Bu konuda bilinmesi lazım olan hususlardan bazıları şunlardır:
       Kadının kocası veya mahremi olmayan başka bir erkeğin bedeninin herhangi bir yerine örtü olmaksızın dokunması ile abdesti bozulur. (Mahremden maksat, oğul, baba, dede, erkek kardeş, amca, dayı, Kalabalıkta elinin değdiği kimsenin kadın veya erkek olduğunu kesinlikle ayırt edemezse, yine abdesti bozulmaz. 

        1. Cünüplük
          Cima yapmak, meni gelmese bile yıkanmayı gerektirir. 
      “Erkeğin sünnet yeri, kadının sünnet yerine dokunursa hem erkeğe, hem de kadına gusül vacip olur.” (Müslim/349, (Hz. Aişe'den)

          2. Hayz (adet görme, regl)
          Hayz, lugatta akmak mânâsına gelir. Şer'î mânâsı ise, hilkat ve tabiatından ötürü kadından kan gelmesi demektir. Bu kan, kadının rahminin en üst kısmından gelir. Sağlıklı olan ve buluğ çağına giren her kadından belli zamanlarda akar.
*    Âdet görme, yani hayız, kadının özelliklerinden ve onu erkekten ayıran yönlerinden biridir. Âdet, anormal ve çirkin bir olay değil, normal ve kadının fıtratının, yani yaratılışının gereği olan doğal bir olaydır. Âdet görme, kadının sıhhatli ve normal olduğunu gösterir.

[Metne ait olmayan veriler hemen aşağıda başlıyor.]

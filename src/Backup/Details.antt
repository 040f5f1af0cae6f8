-- ===== src/Backup/Details.antt =====
-- What do_restore() takes from the map of the fields that backup_dir() writes.
use hbackup.Prelude.{
  ◌%◌, ◌<◌, ◌≡◌, refl, ap, ◌∙◌, [], ◌∷◌, ◌++◌, List, none, some, Bytes, codes, bytes_eq,
  if◌then◌else◌, ltb, Bool-cases, inl, inr, arith,
}
use hbackup.Prelude.Dict
use hbackup.Utils.Index.{Details, getdetail}
use hbackup.Utils.Index.Laws.{assign_all}
use hbackup.Utils.Hex.{hexencode}
use hbackup.Numbers.{decimal, octal, strtol, strtoull}
use hbackup.Numbers.RoundTrip.{strtol-octal, strtol-decimal, strtoull-decimal}
use hbackup.Clean.Command.{hash_name}
use hbackup.Restore.{regular, link, dir, chr, blk, socket, kind_of, detail}
use hbackup.Backup.{Stat}
use hbackup.Backup.RoundTrip.{
  Body, of_dir, of_chr, of_blk, of_socket, of_link, of_data, of_hash, generic_fields, body_fields,
}

-- The fields of a line behind the name.
abbrev pub fields : Body → Stat → Bytes → Bytes → List (Bytes × Bytes)
fields b sb user group = generic_fields sb user group ++ body_fields b sb

abbrev pub details_of : Bytes → Body → Stat → Bytes → Bytes → Details
details_of relname b sb user group =
    assign_all ((codes "name", relname) ∷ fields b sb user group) []

-- The numbers that a line can hold: times and inodes of 64 bits, and devices of 31.
pub record IsPrintable (sb : Stat) : Type 0 where
  pub atime_fits : sb.atime < 18446744073709551616
  pub mtime_fits : sb.mtime < 18446744073709551616
  pub rdev_fits : sb.rdev < 2147483648

-- The inode is there if the file has several links.
abbrev pub InodeOf : Details → Stat → Type 0
InodeOf d sb =
    getdetail d (codes "inode") ≡ (if ltb 1 sb.nlink then some (decimal sb.ino) else none)

-- What is read of a body.
abbrev pub HoldsBody : Details → Stat → Body → Type 0
HoldsBody d sb of_dir = kind_of (getdetail d (codes "type")) ≡ dir
HoldsBody d sb of_chr =
    (kind_of (getdetail d (codes "type")) ≡ chr)
    × (strtol 10 18446744073709551616 (detail d (codes "rdev")) ≡ sb.rdev)
HoldsBody d sb of_blk =
    (kind_of (getdetail d (codes "type")) ≡ blk)
    × (strtol 10 18446744073709551616 (detail d (codes "rdev")) ≡ sb.rdev)
HoldsBody d sb of_socket = kind_of (getdetail d (codes "type")) ≡ socket
HoldsBody d sb (of_link target) =
    (kind_of (getdetail d (codes "type")) ≡ link) × (detail d (codes "target") ≡ target)
HoldsBody d sb (of_data buffer) =
    (kind_of (getdetail d (codes "type")) ≡ regular)
    × (getdetail d (codes "data") ≡ some buffer)
    × InodeOf d sb
HoldsBody d sb (of_hash h) =
    (kind_of (getdetail d (codes "type")) ≡ regular)
    × (getdetail d (codes "data") ≡ none)
    × (getdetail d hash_name ≡ some (hexencode h))
    × InodeOf d sb

-- What do_restore() takes from the details, as it takes it.
pub record IsReadBack (d : Details) (relname user group : Bytes) (sb : Stat) (b : Body)
    : Type 0 where
  pub name : detail d (codes "name") ≡ relname
  pub perms : strtol 8 4294967296 (detail d (codes "perms")) ≡ sb.mode % 4096
  pub uid : detail d (codes "uid") ≡ user
  pub gid : detail d (codes "gid") ≡ group
  pub atime : strtoull (detail d (codes "atime")) ≡ sb.atime
  pub mtime : strtoull (detail d (codes "mtime")) ≡ sb.mtime
  pub body : HoldsBody d sb b

-- The generic details that do_restore() looks up.
record Generic : Type 0 where
  name : Bytes
  perms : Bytes
  uid : Bytes
  gid : Bytes
  atime : Bytes
  mtime : Bytes

abbrev generic_of : Details → Generic
generic_of d = record {
  name = detail d (codes "name");
  perms = detail d (codes "perms");
  uid = detail d (codes "uid");
  gid = detail d (codes "gid");
  atime = detail d (codes "atime");
  mtime = detail d (codes "mtime");
}

abbrev generic_for : Bytes → Bytes → Bytes → Stat → Generic
generic_for relname user group sb = record {
  name = relname;
  perms = octal (sb.mode % 4096);
  uid = user;
  gid = group;
  atime = decimal sb.atime;
  mtime = decimal sb.mtime;
}

details_of-generic :
    (relname user group : Bytes) (sb : Stat) (b : Body)
    → generic_of (details_of relname b sb user group) ≡ generic_for relname user group sb
unfolding detail assign_all getdetail Dict.lookup Dict.insert bytes_eq
details_of-generic relname user group sb of_dir = refl
details_of-generic relname user group sb of_chr = refl
details_of-generic relname user group sb of_blk = refl
details_of-generic relname user group sb of_socket = refl
details_of-generic relname user group sb (of_link target) = refl
details_of-generic relname user group sb (of_data buffer) = elim (Bool-cases (ltb 1 sb.nlink)) [
  | inl e ↦ rw e refl
  | inr e ↦ rw e refl
]
details_of-generic relname user group sb (of_hash h) = elim (Bool-cases (ltb 1 sb.nlink)) [
  | inl e ↦ rw e refl
  | inr e ↦ rw e refl
]

rdev_read :
    (sb : Stat) → sb.rdev < 2147483648 → strtol 10 18446744073709551616 (decimal sb.rdev) ≡ sb.rdev
rdev_read sb small = strtol-decimal sb.rdev 18446744073709551616 (omega arith) (omega arith)

details_of-HoldsBody :
    (relname user group : Bytes) (sb : Stat) (b : Body)
    → sb.rdev < 2147483648
    → HoldsBody (details_of relname b sb user group) sb b
unfolding detail assign_all getdetail Dict.lookup Dict.insert bytes_eq kind_of
details_of-HoldsBody relname user group sb of_dir small = refl
details_of-HoldsBody relname user group sb of_chr small = (refl, rdev_read sb small)
details_of-HoldsBody relname user group sb of_blk small = (refl, rdev_read sb small)
details_of-HoldsBody relname user group sb of_socket small = refl
details_of-HoldsBody relname user group sb (of_link target) small = (refl, refl)
details_of-HoldsBody relname user group sb (of_data buffer) small =
    elim (Bool-cases (ltb 1 sb.nlink)) [
      | inl e ↦ rw e (refl, refl, refl)
      | inr e ↦ rw e (refl, refl, refl)
    ]
details_of-HoldsBody relname user group sb (of_hash h) small = elim (Bool-cases (ltb 1 sb.nlink)) [
  | inl e ↦ rw e (refl, refl, refl, refl)
  | inr e ↦ rw e (refl, refl, refl, refl)
]

pub details_of-IsReadBack :
    (relname user group : Bytes) (sb : Stat) (b : Body)
    → IsPrintable sb
    → IsReadBack (details_of relname b sb user group) relname user group sb b
details_of-IsReadBack relname user group sb b v =
    let q = details_of-generic relname user group sb b in
    record {
      name = ap (λ (g : Generic). g.name) q;
      perms =
          ap (λ (g : Generic). strtol 8 4294967296 g.perms) q
          ∙ strtol-octal (sb.mode % 4096) 4294967296 (omega arith) (omega arith);
      uid = ap (λ (g : Generic). g.uid) q;
      gid = ap (λ (g : Generic). g.gid) q;
      atime = ap (λ (g : Generic). strtoull g.atime) q ∙ strtoull-decimal sb.atime v.atime_fits;
      mtime = ap (λ (g : Generic). strtoull g.mtime) q ∙ strtoull-decimal sb.mtime v.mtime_fits;
      body = details_of-HoldsBody relname user group sb b v.rdev_fits;
    }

         İslâm bu konuda da aşırılıklardan uzak bir orta yolu öğretir: Cahiliyyet dönemindeki Araplar adetli kadınlara arkadan cima ederlerdi. Hristiyanlar adetli kadınlara, bu hallerinde iken önden cima ederlerdi. Yahudilerle Mecusîler ise, tam tersine, adetli kadından son derece uzak kalır, hatta âdetleri bittikten sonra bir hafta daha onlarla bir arada bulunmazlar, onlarla beraber yemezler, içmezler ve oturmazlardı ve kitaplarındaki emrin bu olduğunu söylerlerdi. (Müslim, hayz 16; Ebû Dâvûd, tahâret 103.) İlk ikisi temizliğe dikkat etmeme ve sıhhat bozucu bir davranış, diğeri de kadınları küçük düşürücü ve dışlayıcı bir uygulama idi.

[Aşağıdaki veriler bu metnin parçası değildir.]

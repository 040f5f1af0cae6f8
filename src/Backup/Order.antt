-- ===== src/Backup/Order.antt =====
-- backup.cc: sort(), and the order in which backup_dir() takes the files of a directory.
use hbackup.Prelude.{
  ◌≡◌, refl, sym, ap, subst, ◌∙◌, [], ◌∷◌, List, true, false, Bytes, if◌then◌else◌, Bool-cases, inl,
  inr, arith, ℕ, ◌++◌, codes, same, bytes_eq,
}
use mathlib.Core.List.{Permᴰ}
use mathlib.Core.List.Permᴰ
use hbackup.Outcome.{Result, ok, and_then}
use hbackup.Users.{Database}
use hbackup.File.{Device}
use hbackup.Exclude.{Pcre}
use hbackup.Hashing.{Sha1}
use hbackup.Host.{Host}
use hbackup.Backup.{Tree, World, Options, on_tree}
use hbackup.Backup.Listing.{Kept, before, insert_name, sort, collect}
use hbackup.Backup.Objects.{put_files}
use hbackup.Backup.Store.{store_files}
use hbackup.Backup.Command.{Opening, backup_here}

before_asym : (a b : Bytes) → before a b ≡ true → before b a ≡ false
unfolding before
before_asym [] [] h = refl
before_asym [] (d ∷ t) h = refl
before_asym (c ∷ s) [] h = cc
before_asym (c ∷ s) (d ∷ t) h = ground (arith, before_asym s t)

before_connected : (a b : Bytes) → before a b ≡ false → before b a ≡ false → a ≡ b
unfolding before
before_connected [] [] h k = refl
before_connected [] (d ∷ t) h k = cc
before_connected (c ∷ s) [] h k = cc
before_connected (c ∷ s) (d ∷ t) h k = ground (arith, before_connected s t)

before_trans : (a b c : Bytes) → before a b ≡ true → before b c ≡ true → before a c ≡ true
unfolding before
before_trans a [] [] h k = cc
before_trans a (y ∷ t) [] h k = cc
before_trans [] b (z ∷ u) h k = refl
before_trans (x ∷ s) [] (z ∷ u) h k = cc
before_trans (x ∷ s) (y ∷ t) (z ∷ u) h k = ground (arith, before_trans s t u)

-- What is not before `x`, which is before `a`, is before `a`.
before_between : (a b x : Bytes) → before x b ≡ false → before x a ≡ true → before b a ≡ true
before_between a b x h k = elim (Bool-cases (before b x)) [
  | inl e ↦ before_trans b x a e k
  | inr e ↦ subst (λ y. before y a ≡ true) (before_connected x b h e) k
]

-- Two names are put in front of a list in their order.
front :
    (a b : Bytes) (l : List Bytes)
    → (if before b a then b ∷ a ∷ l else a ∷ b ∷ l) ≡ (if before a b then a ∷ b ∷ l else b ∷ a ∷ l)
front a b l = elim (Bool-cases (before b a)) [
  | inl e ↦ rw (e, before_asym b a e) refl
  | inr e ↦ elim (Bool-cases (before a b)) [
    | inl f ↦ rw (e, f) refl
    | inr f ↦
        let same_name : a ≡ b = before_connected a b f e in
        rw (e, f) (ap (λ c. a ∷ c ∷ l) (sym same_name) ∙ ap (λ c. c ∷ a ∷ l) same_name)
  ]
]

insert_name_comm :
    (a b : Bytes) (l : List Bytes)
    → insert_name a (insert_name b l) ≡ insert_name b (insert_name a l)
unfolding insert_name
insert_name_comm a b [] = front a b []
insert_name_comm a b (x ∷ l) = elim (Bool-cases (before x a)) [
  | inl e ↦ elim (Bool-cases (before x b)) [
    | inl f ↦ rw (e, f, e) (ap (λ t. x ∷ t) (insert_name_comm a b l))
    | inr f ↦ rw (e, f, before_between a b x f e, e) refl
  ]
  | inr e ↦ elim (Bool-cases (before x b)) [
    | inl f ↦ rw (e, f, before_between b a x e f, e) refl
    | inr f ↦ rw (e, f, e) (front a b (x ∷ l))
  ]
]

insert_name-perm : (name : Bytes) (l : List Bytes) → Permᴰ (insert_name name l) (name ∷ l)
unfolding insert_name
insert_name-perm name [] = Permᴰ.refl (name ∷ [])
insert_name-perm name (x ∷ l) = elim (Bool-cases (before x name)) [
  | inl e ↦ rw e (Permᴰ.trans (Permᴰ.cons refl (insert_name-perm name l)) (Permᴰ.swap refl refl))
  | inr e ↦ rw e (Permᴰ.refl (name ∷ x ∷ l))
]

sort-perm : (names : List Bytes) → Permᴰ (sort names) names
unfolding sort
sort-perm [] = Permᴰ.nil
sort-perm (name ∷ names) =
    Permᴰ.trans (insert_name-perm name (sort names)) (Permᴰ.cons refl (sort-perm names))

sort_of_perm : {xs ys : List Bytes} → Permᴰ xs ys → sort xs ≡ sort ys
unfolding sort
sort_of_perm Permᴰ.nil = refl
sort_of_perm (Permᴰ.cons {a} {b} {l₁} {l₂} e d) =
    ap (λ n. insert_name n (sort l₁)) e ∙ ap (insert_name b) (sort_of_perm d)
sort_of_perm (Permᴰ.swap {a} {b} {a'} {b'} {l} e f) =
    ap (λ n. insert_name n (insert_name b (sort l))) e
    ∙ ap (λ n. insert_name b' (insert_name n (sort l))) f
    ∙ insert_name_comm b' a' (sort l)
sort_of_perm (Permᴰ.trans d e) = sort_of_perm d ∙ sort_of_perm e

module _ (T : Tree) (R : Host) (V N O : Device) (S : Sha1) (P : Pcre) (exclusions : List P.Regex)
    (opts : Options) (passwd group : Database) (word : Bytes → ℕ)
    (opening : Opening T.State R.State V N O) where
  abbrev pub Here : Type 0
  Here = World T.State R.State V.State N.State

  -- The directory `folder` is read from `w`: `kept` of its files are considered, at `w2`.
  pub record Reads (folder : Bytes) (w : Here) (kept : Kept) (w2 : Here) : Type 0 where
    pub c : List Bytes
    pub w1 : Here
    pub lists :
        on_tree
          (T.contents (opts.root ++ (if same folder (codes ".") then [] else b'/' ∷ folder)))
          (record w { first = true; dirs = []; hashables = [] })
        ≡ (ok c, w1)
    pub considers :
        collect T R V N P exclusions opts folder c (record { ci = []; s = [] }) w1 ≡ (ok kept, w2)

  -- What is done once the files of a directory are in their order: their lines are put, and their
  -- contents are stored.
  unfoldable pub taken : ℕ → Bytes → Kept → List Bytes → Here → Result (List Bytes) × Here
  unfolding put_files store_files
  taken fuel folder kept names w2 =
      and_then (put_files T R V N opts passwd group word folder kept names w2) λ _ w3.
        and_then (store_files T R V N S opts fuel w3.hashables w3) (λ _ w4. (ok w4.dirs, w4))

  backup_here-Reads :
      (fuel : ℕ) (folder : Bytes) (w w2 : Here) (kept : Kept)
      → Reads folder w kept w2
      → backup_here T R V N O S P exclusions opts passwd group word opening fuel folder w
        ≡ taken fuel folder kept (sort kept.ci) w2
  unfolding backup_here taken
  backup_here-Reads fuel folder w w2 kept v = rw (v.lists, v.considers) refl

  -- In whichever order a directory lists its files, backup_dir() puts their lines in the same one:
  -- if two readings of it consider the same names, in any orders, there is one list of these names
  -- in whose order both put the lines, and then store the contents.
  pub backup_here-canonical :
      (fuel : ℕ) (folder : Bytes) (w v w2 v2 : Here) (kept others : Kept)
      → Reads folder w kept w2
      → Reads folder v others v2
      → Permᴰ kept.ci others.ci
      → (names : List Bytes) × Permᴰ names kept.ci
        × (backup_here T R V N O S P exclusions opts passwd group word opening fuel folder w
            ≡ taken fuel folder kept names w2)
        × (backup_here T R V N O S P exclusions opts passwd group word opening fuel folder v
            ≡ taken fuel folder others names v2)
  backup_here-canonical fuel folder w v w2 v2 kept others r q d = (
    sort kept.ci,
    sort-perm kept.ci,
    backup_here-Reads fuel folder w w2 kept r,
    backup_here-Reads fuel folder v v2 others q
        ∙ ap (λ names. taken fuel folder others names v2) (sym (sort_of_perm d)),
  )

         İslâm geldi, "hayız, eziyet verici bir haldır, dolayısı ile hayızlı iken kadınla cima etmeyin..." (Bakara/222.) âyeti gönderildi. Hiç mi yaklaşmayacağız diye soranlara, bunu Yahudilerden etkilenerek sormuş olabilecekleri için, Peygamber Efendimiz; "her şeyi yapın fakat cima etmeyin" (Müslim, hayz/16; Nesâî, taharet/180; Ibn Mâce, taharet/124; Darimî, vudû/117.) buyurarak, kadının âdetli iken kirli bir çaput gibi bir kenara atılamayacağını öğretti. Çünkü adetlilik, pislik demek değildi. Kur'ân ondan "pisliktir" diye değil, "eziyettir" diye söz etti. Yani âdetli iken kadınla cima, hem erkek için, hem de kadın için bir eziyettir ve sağlığa zararlıdır.

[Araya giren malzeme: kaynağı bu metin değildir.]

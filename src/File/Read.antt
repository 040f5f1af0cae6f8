-- ===== src/File/Read.antt =====
-- What reading delivers: the bytes of the device in order, each once.
use hbackup.Prelude.{
  ℕ, ◌<◌, ◌≤◌, ◌≡◌, ◌≢◌, refl, sym, ap, ◌∙◌, [], ◌∷◌, ◌++◌, true, false, Option, none, some, length,
  Bytes, arith, Bool-cases, inl, inr,
}
use hbackup.Outcome.{ok}
use hbackup.File.{
  Device, Mode, idle, reading, writing, File, new_file, buffer_size, filled, refill, fill,
  next_byte, getch,
}

abbrev pub first : Bytes → Option ℕ
first [] = none
first (c ∷ s) = some c

abbrev pub rest : Bytes → Bytes
rest [] = []
rest (c ∷ s) = s

-- What the readbytes() of a file that can be read is taken to do: it delivers the next bytes of the
-- content, some if there are any, and no more than were asked for.
pub record IsReader (V : Device) : Type 0 where
  pub content : V.State → Bytes
  pub delivers :
      (d : V.State) (n : ℕ)
      → 0 < n
      → (chunk : Bytes) × (d' : V.State) × (V.readbytes d n ≡ (ok chunk, d'))
        × (content d ≡ chunk ++ content d')
        × (length chunk ≤ n)
        × (chunk ≡ [] → content d ≡ [])

module _ (V : Device) (R : IsReader V) where
  open R use {content, delivers}

  -- The bytes that are still to be read.
  abbrev pub stream : File V → Bytes
  stream f = f.buffered ++ content f.device

  -- A file that is being read, or is new.
  pub record IsReadable (f : File V) : Type 0 where
    pub not_writing : f.mode ≢ writing
    pub idle_empty : f.mode ≡ idle → f.buffered ≡ []
    pub eof_empty : f.eof ≡ true → stream f ≡ []

  pub record Filled (f : File V) (n : ℕ) (g : File V) : Type 0 where
    pub readable : IsReadable g
    pub is_reading : g.mode ≡ reading
    pub kept : stream g ≡ content f.device
    pub counted : n ≡ length g.buffered
    pub at_end : n ≡ 0 → content f.device ≡ []

  refill_chunk :
      (f : File V) (chunk : Bytes) (d' : V.State)
      → IsReadable f
      → f.eof ≡ false
      → V.readbytes f.device buffer_size ≡ (ok chunk, d')
      → content f.device ≡ chunk ++ content d'
      → (chunk ≡ [] → content f.device ≡ [])
      → (n : ℕ) × (g : File V) × (refill V f ≡ (ok n, g)) × Filled f n g
  unfolding refill filled
  refill_chunk f [] d' v more q split stop = (
    0,
    record f { mode = reading; buffered = []; eof = true; device = d' },
    ground arith,
    record {
      readable = record {
        not_writing = λ e. cc;
        idle_empty = λ e. refl;
        eof_empty = λ _. sym split ∙ stop refl;
      };
      is_reading = refl;
      kept = sym split;
      counted = refl;
      at_end = λ e. stop refl;
    },
  )
  refill_chunk f (c ∷ chunk) d' v more q split stop = (
    length (c ∷ chunk),
    record f { mode = reading; buffered = c ∷ chunk; device = d' },
    ground arith,
    record {
      readable = record { not_writing = λ e. cc; idle_empty = λ e. cc; eof_empty = λ e. cc };
      is_reading = refl;
      kept = sym split;
      counted = refl;
      at_end = λ e. absurd (omega arith);
    },
  )

  refill-Filled :
      (f : File V)
      → IsReadable f
      → f.buffered ≡ []
      → (n : ℕ) × (g : File V) × (refill V f ≡ (ok n, g)) × Filled f n g
  unfolding refill
  refill-Filled f v empty = elim (Bool-cases f.eof) [
    | inl e ↦ (
      0,
      record f { mode = reading },
      ground arith,
      record {
        readable = record {
          not_writing = λ e. cc;
          idle_empty = λ _. empty;
          eof_empty = v.eof_empty;
        };
        is_reading = refl;
        kept = rw empty;
        counted = rw empty;
        at_end = λ _. ap (λ s. s ++ content f.device) (sym empty) ∙ v.eof_empty e;
      },
    )
    | inr e ↦
        let (chunk, d', q, split, small, stop) = delivers f.device buffer_size (omega arith) in
        refill_chunk f chunk d' v e q split stop
  ]

  fill-refill : (f : File V) → f.mode ≢ writing → fill V f ≡ refill V f
  unfolding fill
  fill-refill f h = go f.mode refl
    where
      go : (m : Mode) → f.mode ≡ m → fill V f ≡ refill V f
      go idle e = rw e
      go reading e = rw e
      go writing e = absurd (h e)

  pub fill-Filled :
      (f : File V)
      → IsReadable f
      → f.buffered ≡ []
      → (n : ℕ) × (g : File V) × (fill V f ≡ (ok n, g)) × Filled f n g
  fill-Filled f v empty =
      let (n, g, e, w) = refill-Filled f v empty in (n, g, fill-refill f v.not_writing ∙ e, w)

  -- What a read of one byte leaves.
  abbrev pub Took : Bytes → File V → Type 0
  Took s g = (stream g ≡ s) × IsReadable g

  taken_IsReadable :
      (g : File V) (c : ℕ) (b : Bytes)
      → IsReadable g
      → g.buffered ≡ c ∷ b
      → g.mode ≡ reading
      → IsReadable (record g { buffered = b })
  taken_IsReadable g c b v e m = record {
    not_writing = v.not_writing;
    idle_empty = λ i. cc;
    eof_empty = λ q. cc (v.eof_empty q, ap (λ s. s ++ content g.device) e);
  }

  next_byte-Took :
      (f g : File V) (n : ℕ)
      → Filled f n g
      → (h : File V) × (next_byte V g g.buffered ≡ (ok (first (content f.device)), h))
        × Took (rest (content f.device)) h
  unfolding next_byte
  next_byte-Took f g n w = go g.buffered refl
    where
      go :
          (b : Bytes)
          → g.buffered ≡ b
          → (h : File V) × (next_byte V g g.buffered ≡ (ok (first (content f.device)), h))
            × Took (rest (content f.device)) h
      go [] e =
          let nothing : content f.device ≡ [] = w.at_end (w.counted ∙ ap length e) in
          (
            g,
            cc (ap (next_byte V g) e, ap first nothing),
            (w.kept ∙ nothing ∙ sym (ap rest nothing), w.readable),
          )
      go (c ∷ b) e =
          let split : content f.device ≡ c ∷ (b ++ content g.device) =
            sym w.kept ∙ ap (λ s. s ++ content g.device) e in
          (
            record g { buffered = b },
            cc (ap (next_byte V g) e, ap first split),
            (sym (ap rest split), taken_IsReadable g c b w.readable e w.is_reading),
          )

  is_reading :
      (f : File V) → IsReadable f → {c : ℕ} {b : Bytes} → f.buffered ≡ c ∷ b → f.mode ≡ reading
  is_reading f v {c} {b} e = go f.mode refl
    where
      go : (m : Mode) → f.mode ≡ m → f.mode ≡ reading
      go idle q = cc (v.idle_empty q)
      go reading q = q
      go writing q = absurd (v.not_writing q)

  -- getch() takes the next byte of the content, and says so at its end.
  pub getch-Took :
      (f : File V)
      → IsReadable f
      → (g : File V) × (getch V f ≡ (ok (first (stream f)), g)) × Took (rest (stream f)) g
  unfolding getch
  getch-Took f v = go f.buffered refl
    where
      go :
          (b : Bytes)
          → f.buffered ≡ b
          → (g : File V) × (getch V f ≡ (ok (first (stream f)), g)) × Took (rest (stream f)) g
      go [] e =
          let (n, g, q, w) = fill-Filled f v e in
          let (h, step, took) = next_byte-Took f g n w in
          let same_stream : stream f ≡ content f.device = ap (λ s. s ++ content f.device) e in
          (h, rw (same_stream, e, getch, q) step, rw same_stream took)
      go (c ∷ b) e =
          let split : stream f ≡ c ∷ (b ++ content f.device) = ap (λ s. s ++ content f.device) e in
          (
            record f { buffered = b },
            rw (split, e, getch) (unfold next_byte in refl),
            rw split (refl, taken_IsReadable f c b v e (is_reading f v e)),
          )

  -- A file that was just opened for reading.
  pub new_file-IsReadable : (d : V.State) → IsReadable (new_file d)
  new_file-IsReadable d = record {
    not_writing = λ e. cc;
    idle_empty = λ _. refl;
    eof_empty = λ e. cc;
  }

          Peygamberimiz bunu, uygulayarak da öğretti: O, annelerimiz olan hanımları âdetli iken göbekle dizkapağı arasını bir peştamal (izar) ile örtmesini söyler ve geri kalan yerlerinden yararlanır, okşar ve ilgilenirdi. (Buharî, hayz/5; taharet/175; Muvatta, taharet/102) Bunu elbette kendisi cinsel tatmin aramak için yapmazdı. Çünkü hanımlarının hepsi bir anda âdetli olmayacağına göre cinsel ihtiyacını âdetli olmayan hanımlarıyla normal yoldan giderebilirdi.
          Durum bu iken böyle davranmasının iki önemli nedeni vardı:
       a) Bunu yapmakla, bu konudaki batıl inançları yıkmış ve bu-nun caiz olduğunu bildirmiş oluyordu.
         b) Âdetli iken bedensel ve psikolojik rahatsızlık duyan kadını, itilmişlik ve yalnızlık duygusundan kurtarmış ve ona eskisi gibi insan olmakta devam ettiğini göstermiş oluyordu.
      Çünkü Peygamberimizin bütün hanımları âdetli iken kendi-lerine böyle davranıldığını haber vermişlerdir. (Müslim, hayz/3)
        Bunu bir de onların, görüşüp konuştukları her kadına bunun normal ve caiz olduğunu anlatmaları ve yaygınlaşması için yapıyordu.
        İslâm'da âdetli kadının pis olan yönü sadece kanıdır. Nitekim erkeğin de idrarı ve dışkısı pistir. Âdetli kadınla cima dışında her şey yapılır. Onun teri ve tükürüğü pis değildir, onunla kucaklaşılır, öpülür, beraberce yemek yenir. Hatta artığı yenilebilir.
         Hz. Aişe Annemiz: "Allah Rasulü söylerdi ve ben âdetli iken onun başını yıkardım. Ben âdetli iken kucağıma yaslanır, Kur'ân okurdu". (Buharî, hayz/2,3; Müslim, hayz/15; Nesâî, taharet 173,174) Âdetli iken kemikli haşlamanın etini ısırırdım ona verirdim, alır ve benim ısırdığım yerden ısırırdı. Âdetli iken su içtiğim kabı ona verirdim, alırdı ve ağzını, benim ağzımı koyduğum yere koyar ve içerdi" (Müslim, hayz 14; Ebû Dâvûd, tahâret 103.) demiştir.

       Âdet görme, Allah'ın bir kanunudur. O, âdetli kadının namaz ve orucunu da bırakmasını emretmiştir. Kadın nasıl namaz kılma ve oruç tutma emrini yerine getirirken sevap kazanırsa, âdetli zamanında yine emre uyarak namaz kılmamak ve oruç tutmamakla da sevap kazanır. * (İslam’da Evlilik ve Aile Hayatı)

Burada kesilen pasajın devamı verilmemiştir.